Records shown.
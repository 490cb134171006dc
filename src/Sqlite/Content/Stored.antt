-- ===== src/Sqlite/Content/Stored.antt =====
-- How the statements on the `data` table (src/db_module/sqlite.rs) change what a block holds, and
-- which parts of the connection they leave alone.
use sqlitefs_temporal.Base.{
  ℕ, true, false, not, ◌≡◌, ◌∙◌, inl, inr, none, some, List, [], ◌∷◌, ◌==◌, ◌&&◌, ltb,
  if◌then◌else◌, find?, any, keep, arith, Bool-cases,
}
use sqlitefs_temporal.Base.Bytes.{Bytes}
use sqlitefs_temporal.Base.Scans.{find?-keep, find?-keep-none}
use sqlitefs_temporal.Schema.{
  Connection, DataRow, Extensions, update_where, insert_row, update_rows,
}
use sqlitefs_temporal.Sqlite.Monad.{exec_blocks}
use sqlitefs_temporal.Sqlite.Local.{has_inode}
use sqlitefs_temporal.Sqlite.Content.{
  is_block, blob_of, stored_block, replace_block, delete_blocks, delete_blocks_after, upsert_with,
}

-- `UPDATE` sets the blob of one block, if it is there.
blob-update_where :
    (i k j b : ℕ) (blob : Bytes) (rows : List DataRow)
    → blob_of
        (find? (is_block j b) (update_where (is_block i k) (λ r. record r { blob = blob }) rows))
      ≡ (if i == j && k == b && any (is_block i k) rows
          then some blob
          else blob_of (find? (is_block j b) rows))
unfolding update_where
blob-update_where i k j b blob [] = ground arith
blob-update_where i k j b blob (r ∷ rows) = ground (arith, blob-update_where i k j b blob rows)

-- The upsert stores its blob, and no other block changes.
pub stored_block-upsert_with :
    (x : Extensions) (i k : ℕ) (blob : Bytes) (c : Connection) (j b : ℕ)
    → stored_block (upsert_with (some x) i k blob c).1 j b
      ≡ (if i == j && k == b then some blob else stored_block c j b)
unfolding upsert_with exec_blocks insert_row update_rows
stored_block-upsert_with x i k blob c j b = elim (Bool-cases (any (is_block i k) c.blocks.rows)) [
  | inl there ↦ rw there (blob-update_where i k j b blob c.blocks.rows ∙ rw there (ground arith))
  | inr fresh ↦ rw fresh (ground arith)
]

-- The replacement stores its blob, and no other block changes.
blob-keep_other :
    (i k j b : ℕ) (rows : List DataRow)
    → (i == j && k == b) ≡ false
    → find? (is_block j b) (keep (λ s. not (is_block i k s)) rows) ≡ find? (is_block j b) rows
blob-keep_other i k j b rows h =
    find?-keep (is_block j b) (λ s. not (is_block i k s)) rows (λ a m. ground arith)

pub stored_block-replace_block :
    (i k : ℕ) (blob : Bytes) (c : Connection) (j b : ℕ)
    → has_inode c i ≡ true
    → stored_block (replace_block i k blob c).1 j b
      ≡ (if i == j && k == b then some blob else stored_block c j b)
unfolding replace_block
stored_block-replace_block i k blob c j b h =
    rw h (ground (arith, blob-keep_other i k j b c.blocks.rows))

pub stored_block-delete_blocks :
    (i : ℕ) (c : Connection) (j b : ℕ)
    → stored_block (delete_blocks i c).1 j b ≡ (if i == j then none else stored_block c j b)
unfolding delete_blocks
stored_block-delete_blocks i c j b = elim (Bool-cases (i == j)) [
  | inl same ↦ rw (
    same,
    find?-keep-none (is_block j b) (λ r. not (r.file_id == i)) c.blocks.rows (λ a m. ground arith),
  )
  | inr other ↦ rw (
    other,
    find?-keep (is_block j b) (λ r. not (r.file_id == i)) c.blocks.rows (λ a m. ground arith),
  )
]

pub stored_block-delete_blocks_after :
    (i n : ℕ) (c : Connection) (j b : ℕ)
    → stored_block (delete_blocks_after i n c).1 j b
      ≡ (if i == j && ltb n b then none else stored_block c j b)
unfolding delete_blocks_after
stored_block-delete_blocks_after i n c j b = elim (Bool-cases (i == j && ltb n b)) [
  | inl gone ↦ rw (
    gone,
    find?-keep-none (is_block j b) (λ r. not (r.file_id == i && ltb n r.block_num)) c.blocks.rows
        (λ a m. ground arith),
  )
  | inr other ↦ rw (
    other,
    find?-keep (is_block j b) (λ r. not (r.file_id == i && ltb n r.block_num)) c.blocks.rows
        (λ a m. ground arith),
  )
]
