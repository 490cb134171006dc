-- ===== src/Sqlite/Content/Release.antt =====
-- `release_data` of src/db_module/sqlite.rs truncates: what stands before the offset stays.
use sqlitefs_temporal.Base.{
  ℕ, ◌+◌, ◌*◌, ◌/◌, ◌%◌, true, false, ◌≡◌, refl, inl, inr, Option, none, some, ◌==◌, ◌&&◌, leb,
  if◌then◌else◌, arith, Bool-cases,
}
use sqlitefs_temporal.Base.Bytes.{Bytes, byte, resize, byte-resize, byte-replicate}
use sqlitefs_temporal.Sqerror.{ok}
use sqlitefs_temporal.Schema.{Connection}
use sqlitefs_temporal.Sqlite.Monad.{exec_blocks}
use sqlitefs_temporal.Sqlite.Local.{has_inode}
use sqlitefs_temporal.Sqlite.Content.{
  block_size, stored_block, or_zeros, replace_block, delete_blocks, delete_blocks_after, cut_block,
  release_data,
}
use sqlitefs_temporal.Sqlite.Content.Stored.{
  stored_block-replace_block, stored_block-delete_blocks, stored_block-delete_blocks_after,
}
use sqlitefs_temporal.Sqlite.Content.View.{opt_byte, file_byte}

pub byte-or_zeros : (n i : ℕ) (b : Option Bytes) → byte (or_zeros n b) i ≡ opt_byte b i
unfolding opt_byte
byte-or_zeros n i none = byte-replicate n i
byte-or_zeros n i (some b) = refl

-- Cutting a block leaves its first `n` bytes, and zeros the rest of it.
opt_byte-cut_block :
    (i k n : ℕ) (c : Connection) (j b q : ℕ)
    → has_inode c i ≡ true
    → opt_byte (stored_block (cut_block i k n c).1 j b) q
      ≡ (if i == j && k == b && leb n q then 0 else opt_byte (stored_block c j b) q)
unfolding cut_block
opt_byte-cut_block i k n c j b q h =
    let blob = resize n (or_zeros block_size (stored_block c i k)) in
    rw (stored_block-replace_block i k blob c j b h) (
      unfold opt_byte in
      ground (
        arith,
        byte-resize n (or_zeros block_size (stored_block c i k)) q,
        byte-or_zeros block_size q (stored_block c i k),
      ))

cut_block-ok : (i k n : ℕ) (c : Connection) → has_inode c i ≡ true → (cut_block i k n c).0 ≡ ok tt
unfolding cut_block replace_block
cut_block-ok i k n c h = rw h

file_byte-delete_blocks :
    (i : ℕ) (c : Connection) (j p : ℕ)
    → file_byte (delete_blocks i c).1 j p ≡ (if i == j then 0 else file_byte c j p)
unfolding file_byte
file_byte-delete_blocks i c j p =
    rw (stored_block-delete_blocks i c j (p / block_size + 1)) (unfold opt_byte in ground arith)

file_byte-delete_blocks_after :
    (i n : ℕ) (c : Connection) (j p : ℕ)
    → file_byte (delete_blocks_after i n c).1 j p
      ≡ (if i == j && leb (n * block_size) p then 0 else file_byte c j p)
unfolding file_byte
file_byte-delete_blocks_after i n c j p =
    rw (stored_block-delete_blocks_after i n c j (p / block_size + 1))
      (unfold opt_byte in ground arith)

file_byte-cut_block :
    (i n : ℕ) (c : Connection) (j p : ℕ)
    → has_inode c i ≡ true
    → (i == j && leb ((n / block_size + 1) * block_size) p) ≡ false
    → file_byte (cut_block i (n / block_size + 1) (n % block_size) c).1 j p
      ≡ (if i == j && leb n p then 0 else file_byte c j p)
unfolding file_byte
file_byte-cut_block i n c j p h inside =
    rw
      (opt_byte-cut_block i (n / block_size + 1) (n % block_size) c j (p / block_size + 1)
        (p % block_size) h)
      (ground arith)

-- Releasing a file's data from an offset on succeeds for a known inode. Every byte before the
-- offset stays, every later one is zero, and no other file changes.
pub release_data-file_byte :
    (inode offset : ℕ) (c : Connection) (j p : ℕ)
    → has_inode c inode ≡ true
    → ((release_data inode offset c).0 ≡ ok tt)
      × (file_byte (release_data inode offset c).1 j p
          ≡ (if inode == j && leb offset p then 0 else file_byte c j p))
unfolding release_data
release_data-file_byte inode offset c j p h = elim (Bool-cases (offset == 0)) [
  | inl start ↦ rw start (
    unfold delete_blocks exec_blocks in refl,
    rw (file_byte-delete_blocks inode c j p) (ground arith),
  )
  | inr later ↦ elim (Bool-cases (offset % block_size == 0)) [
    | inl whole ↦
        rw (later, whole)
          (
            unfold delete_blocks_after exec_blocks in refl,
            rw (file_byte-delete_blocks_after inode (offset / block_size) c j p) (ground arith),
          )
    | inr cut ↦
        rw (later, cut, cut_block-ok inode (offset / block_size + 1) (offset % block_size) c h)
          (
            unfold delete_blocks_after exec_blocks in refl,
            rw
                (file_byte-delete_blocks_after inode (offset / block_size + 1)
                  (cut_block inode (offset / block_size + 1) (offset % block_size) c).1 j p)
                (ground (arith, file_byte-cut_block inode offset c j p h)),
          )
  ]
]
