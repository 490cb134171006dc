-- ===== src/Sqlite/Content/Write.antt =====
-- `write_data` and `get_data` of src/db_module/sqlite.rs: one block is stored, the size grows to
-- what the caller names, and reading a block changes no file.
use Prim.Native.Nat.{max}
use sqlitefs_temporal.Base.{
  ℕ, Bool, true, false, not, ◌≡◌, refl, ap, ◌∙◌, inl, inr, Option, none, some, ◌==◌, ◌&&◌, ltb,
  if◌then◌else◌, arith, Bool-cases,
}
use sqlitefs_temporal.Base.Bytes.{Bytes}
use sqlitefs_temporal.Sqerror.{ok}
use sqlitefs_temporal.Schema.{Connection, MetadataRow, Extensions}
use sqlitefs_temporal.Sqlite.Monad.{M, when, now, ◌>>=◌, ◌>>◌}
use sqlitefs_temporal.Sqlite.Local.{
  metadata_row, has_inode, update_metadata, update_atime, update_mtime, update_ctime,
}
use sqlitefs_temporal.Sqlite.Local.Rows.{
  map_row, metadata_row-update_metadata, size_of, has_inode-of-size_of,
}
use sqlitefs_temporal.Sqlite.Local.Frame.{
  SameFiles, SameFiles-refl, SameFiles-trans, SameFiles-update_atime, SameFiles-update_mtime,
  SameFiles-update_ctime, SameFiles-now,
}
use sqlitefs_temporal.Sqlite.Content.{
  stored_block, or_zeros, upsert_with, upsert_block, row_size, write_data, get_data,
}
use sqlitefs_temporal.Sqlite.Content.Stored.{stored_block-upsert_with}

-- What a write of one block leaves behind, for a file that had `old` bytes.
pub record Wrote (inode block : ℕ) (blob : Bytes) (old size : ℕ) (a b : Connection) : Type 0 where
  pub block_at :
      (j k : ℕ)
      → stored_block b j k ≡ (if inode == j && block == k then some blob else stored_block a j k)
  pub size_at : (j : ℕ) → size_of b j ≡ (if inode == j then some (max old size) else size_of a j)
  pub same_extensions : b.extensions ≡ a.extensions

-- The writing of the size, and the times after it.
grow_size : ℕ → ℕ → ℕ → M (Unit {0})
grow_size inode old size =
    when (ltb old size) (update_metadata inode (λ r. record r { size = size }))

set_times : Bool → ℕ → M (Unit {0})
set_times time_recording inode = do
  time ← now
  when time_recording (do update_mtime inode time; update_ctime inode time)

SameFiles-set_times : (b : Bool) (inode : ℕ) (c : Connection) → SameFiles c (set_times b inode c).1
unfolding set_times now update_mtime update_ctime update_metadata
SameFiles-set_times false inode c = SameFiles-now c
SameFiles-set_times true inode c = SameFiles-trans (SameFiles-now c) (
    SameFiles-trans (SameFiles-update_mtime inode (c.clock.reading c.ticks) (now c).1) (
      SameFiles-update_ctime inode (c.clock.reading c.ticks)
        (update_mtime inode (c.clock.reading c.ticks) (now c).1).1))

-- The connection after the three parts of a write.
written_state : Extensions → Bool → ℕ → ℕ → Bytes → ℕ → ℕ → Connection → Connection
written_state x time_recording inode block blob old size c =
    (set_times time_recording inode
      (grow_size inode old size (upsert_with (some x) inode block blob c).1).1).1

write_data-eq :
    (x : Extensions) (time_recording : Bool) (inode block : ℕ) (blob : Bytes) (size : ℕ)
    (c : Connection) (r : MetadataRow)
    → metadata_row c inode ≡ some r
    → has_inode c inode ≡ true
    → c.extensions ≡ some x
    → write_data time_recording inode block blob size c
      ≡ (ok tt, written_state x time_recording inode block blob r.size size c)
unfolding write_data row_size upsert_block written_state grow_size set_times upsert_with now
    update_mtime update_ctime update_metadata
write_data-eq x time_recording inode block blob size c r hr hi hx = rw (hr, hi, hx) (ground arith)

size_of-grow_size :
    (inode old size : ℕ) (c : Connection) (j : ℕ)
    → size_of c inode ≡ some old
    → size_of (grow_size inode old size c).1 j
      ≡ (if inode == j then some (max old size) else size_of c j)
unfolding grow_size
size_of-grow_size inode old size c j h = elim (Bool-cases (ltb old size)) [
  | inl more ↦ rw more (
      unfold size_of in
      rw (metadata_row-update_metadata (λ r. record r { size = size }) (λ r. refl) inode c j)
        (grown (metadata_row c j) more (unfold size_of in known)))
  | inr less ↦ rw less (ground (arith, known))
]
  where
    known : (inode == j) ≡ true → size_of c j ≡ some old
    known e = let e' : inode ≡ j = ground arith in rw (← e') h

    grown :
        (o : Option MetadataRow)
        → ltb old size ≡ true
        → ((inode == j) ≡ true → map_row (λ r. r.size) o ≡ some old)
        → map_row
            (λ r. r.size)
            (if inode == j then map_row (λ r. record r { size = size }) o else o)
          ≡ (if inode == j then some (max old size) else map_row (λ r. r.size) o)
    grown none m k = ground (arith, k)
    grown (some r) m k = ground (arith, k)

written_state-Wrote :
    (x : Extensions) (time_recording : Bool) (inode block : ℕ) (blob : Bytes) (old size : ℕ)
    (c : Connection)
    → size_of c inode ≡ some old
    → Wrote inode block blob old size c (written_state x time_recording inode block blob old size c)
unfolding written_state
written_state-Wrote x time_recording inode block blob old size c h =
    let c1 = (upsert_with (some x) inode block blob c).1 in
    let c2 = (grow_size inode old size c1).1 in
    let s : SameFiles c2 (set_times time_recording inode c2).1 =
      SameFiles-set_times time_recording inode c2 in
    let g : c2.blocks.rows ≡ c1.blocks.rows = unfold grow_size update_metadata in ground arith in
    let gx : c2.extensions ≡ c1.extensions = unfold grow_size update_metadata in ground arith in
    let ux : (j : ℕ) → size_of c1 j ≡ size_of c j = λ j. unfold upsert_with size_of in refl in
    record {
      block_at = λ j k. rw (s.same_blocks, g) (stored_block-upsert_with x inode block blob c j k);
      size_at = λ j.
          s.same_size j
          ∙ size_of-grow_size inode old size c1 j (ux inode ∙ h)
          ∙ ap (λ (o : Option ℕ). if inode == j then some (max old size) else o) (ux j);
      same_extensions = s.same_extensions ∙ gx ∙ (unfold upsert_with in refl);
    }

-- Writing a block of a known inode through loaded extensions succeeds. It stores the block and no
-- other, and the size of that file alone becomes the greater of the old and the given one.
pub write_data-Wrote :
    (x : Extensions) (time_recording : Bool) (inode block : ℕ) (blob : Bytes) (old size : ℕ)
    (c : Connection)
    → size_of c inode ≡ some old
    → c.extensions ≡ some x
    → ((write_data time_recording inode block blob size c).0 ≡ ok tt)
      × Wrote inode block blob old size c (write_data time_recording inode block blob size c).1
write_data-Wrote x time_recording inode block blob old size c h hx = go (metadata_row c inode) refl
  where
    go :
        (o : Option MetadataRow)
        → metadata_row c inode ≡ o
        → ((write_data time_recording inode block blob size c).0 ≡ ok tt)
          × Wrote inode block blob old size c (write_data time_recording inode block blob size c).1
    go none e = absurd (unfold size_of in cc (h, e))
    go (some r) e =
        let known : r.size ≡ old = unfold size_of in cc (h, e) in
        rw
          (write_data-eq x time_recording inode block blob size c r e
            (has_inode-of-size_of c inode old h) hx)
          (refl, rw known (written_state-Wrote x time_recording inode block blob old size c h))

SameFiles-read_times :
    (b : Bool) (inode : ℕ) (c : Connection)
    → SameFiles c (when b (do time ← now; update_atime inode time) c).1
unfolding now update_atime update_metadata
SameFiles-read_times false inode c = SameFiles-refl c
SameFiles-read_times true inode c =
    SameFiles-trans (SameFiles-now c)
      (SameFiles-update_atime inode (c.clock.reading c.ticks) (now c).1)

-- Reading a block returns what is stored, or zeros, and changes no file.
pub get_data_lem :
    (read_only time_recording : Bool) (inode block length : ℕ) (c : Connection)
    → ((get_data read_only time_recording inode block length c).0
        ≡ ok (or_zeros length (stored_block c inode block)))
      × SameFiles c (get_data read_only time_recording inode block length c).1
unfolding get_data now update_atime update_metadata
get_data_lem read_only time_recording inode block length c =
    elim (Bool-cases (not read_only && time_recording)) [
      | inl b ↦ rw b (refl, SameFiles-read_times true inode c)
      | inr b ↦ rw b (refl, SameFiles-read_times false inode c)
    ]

How to complete this task. Lines above that contain the string "alone" make up the answer.

Task output.
-- which parts of the connection they leave alone.
-- other, and the size of that file alone becomes the greater of the old and the given one.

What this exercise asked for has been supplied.